#8H77V

Mam prawie 30 lat i zawsze marzyłam o macierzyństwie. Jestem obecnie w ciąży - owoc miłości, związek niemal różami usłany, więc na tej płaszczyźnie wszystko gra. Jednak ja nie czuję żadnej więzi z dzieckiem, mam wrażenie, że moja ciąża to jakaś mistyfikacja, halucynacja, urojenie. Wyobrażam sobie, że ktoś wyskakuje z kamerami i tłumaczy mi, że sobie wszyscy wokół ze mnie zadrwili i wcale nie noszę pod sercem nowego życia.

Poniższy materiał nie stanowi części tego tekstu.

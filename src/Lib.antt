-- ===== src/Lib.antt =====
-- The core of libratbag, a library that configures mice: src/libratbag.c, with the inline
-- functions of src/libratbag-private.h and the bitmaps of src/libratbag-util.h; and, below it, parts
-- of src/libratbag-hidraw.c and of the HID++ protocol, src/hidpp-generic.c and src/hidpp20.c.
--
-- A device owns profiles, and a profile owns resolutions, buttons and LEDs. A client looks these
-- objects up, each time with a reference, and changes them; a change marks the object and its
-- profile. A commit hands what is marked to the driver of the device. The model keeps the whole
-- device as one value: a list in C is a list in the order of `list_for_each`, a pointer to an
-- object is its place in that list, and a call takes the device (or the profile, where it touches
-- no more) and gives it back. A call that fails an assertion, calls abort or follows a null
-- pointer is `aborted`; an error code is a value.
--
-- Base: the Boolean tests, lists over the native numbers, and `Outcome`, a result or an abort.
-- Bits: bits of numbers, for the bitmaps and the flags.
-- Bitmap: `long_bit_is_set`, `long_set_bit`, `long_clear_bit`, `long_set_bit_state`.
-- Types: the structures and enumerations.
-- Macro: button macros (`ratbag_button_macro_*`), and `ratbag_action_keycode_from_macro`. Emit
--   says what `ratbag_button_macro_new_from_keycode` writes, Scan how it is read.
-- Capability: `ratbag_device_set_capability` and its relatives, and the flags of resolutions,
--   buttons and LEDs.
-- Resolution: the setters of a resolution, and its lists of dpi values and report rates.
-- Numbered: the shape that the lookups rely on.
-- Create: `ratbag_device_new` and `ratbag_device_init_profiles`.
-- Refs: the reference counts and the lookups. The three texts of `ratbag_resolution_ref`,
--   `ratbag_button_ref` and `ratbag_led_ref`, and of their relatives, are one function of a `Part`.
-- Settings: the setters of profiles, buttons and LEDs.
-- Commit: `ratbag_device_commit`. Plan describes the calls that it makes, Clean what it leaves.
-- Session: any sequence of a client's calls. Tracks says what a call may do to the device, Rates
--   and Marks show it for each kind of call, Calls for all of them;
--   Written relates what they change to the calls of the next commit.
-- Hidraw: the reports in a device's report descriptor, and the tables of key usages, of
--   src/libratbag-hidraw.c. Descriptor follows one item, Descriptor.Passes the two passes of the
--   opening; Keys has the tables, Keys.Usages the way from a usage to a key code and back.
-- Hidpp: words of 16 bits and the checksum of src/hidpp-generic.c; Crc.Bitwise has the description by
--   bits that it is compared with.
-- Hidpp20: a request to an HID++ 2.0 device and its answer (src/hidpp20.c).
-- Onboard: the memory of such a device. Reading and Writing follow a sector piece by piece,
--   RoundTrip joins them; Macros reads the events of a macro; Buttons, Leds and Specials are the
--   parts of a profile in a sector, Profile is all of it: Layout says where the parts are,
--   Storable what a sector can hold, Device writes a profile to a device and parses it again.
--   Dictionary is the sector that lists the profiles, with the commit and the parsing of a whole
--   list.
-- Log: `log_buffer`, and `snprintf_safe` of src/libratbag-util.h.
-- Tests: a small device on which each theorem is applied.
--
-- Numbers are natural numbers. Where the source can wrap (the dpi of a range) the wrap is written
-- out; the reference counts are guarded by assertions, as in the source. The array of 256 macro
-- events is a list of that length, the array of 300 dpi values a list with at most that length.
-- The loop over a dpi range is bounded by the 300 entries of the source. Some loops are on fuel, and
-- no fuel left is an abort. `decimal` prints a profile's number: it is given one unit more than the
-- number, which loses a digit in each round. The parser of a report descriptor has the length of the
-- descriptor, of which each item takes a byte or more. The loops over a sector have one unit more
-- than its size, of which each piece but the last takes 16. The items of an onboard macro can jump
-- back for ever, so that no fuel is enough for all of them: it is an argument, and the theorems on
-- profiles are about buttons that are no macros, with any fuel.
--
-- The transfer of a message to a device is an argument: it says what the reads after the message
-- bring. What the firmware does with a message is stated where it is used, by `Serves` and `Takes`.
--
-- Drivers, the device's answers, udev, hidraw and the data files are no part of the model: a
-- driver is an argument that says which functions are there and what each call answers. The other
-- log messages, user data, memory that is freed, and the reference count of a macro handle are left
-- out. The choice of a driver and its sanity check, the parsers of src/libratbag-util.c, the
-- drivers, the rest of HID++ and the daemon are not modelled.
pub mod Base
pub mod Bits
pub mod Bitmap
pub mod Types
pub mod Macro
pub mod Capability
pub mod Resolution
pub mod Numbered
pub mod Create
pub mod Refs
pub mod Settings
pub mod Commit
pub mod Session
pub mod Log
pub mod Hidpp
pub mod Hidpp20
pub mod Hidraw
pub mod Onboard
pub mod Tests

Wizja porodu jest tak odrealniona, że czuję się nieswojo na samą myśl. Mogłabym chodzić w ciąży kolejny rok. Rodzę za 3 tygodnie.

Z tego powodu chodzę do psychologa, bo z nikim innym nie mogę się tym podzielić. Gdy próbowałam zaalarmować problem, to każdy zbywał to słowami, że to hormony, lub że odmieni mi się po porodzie.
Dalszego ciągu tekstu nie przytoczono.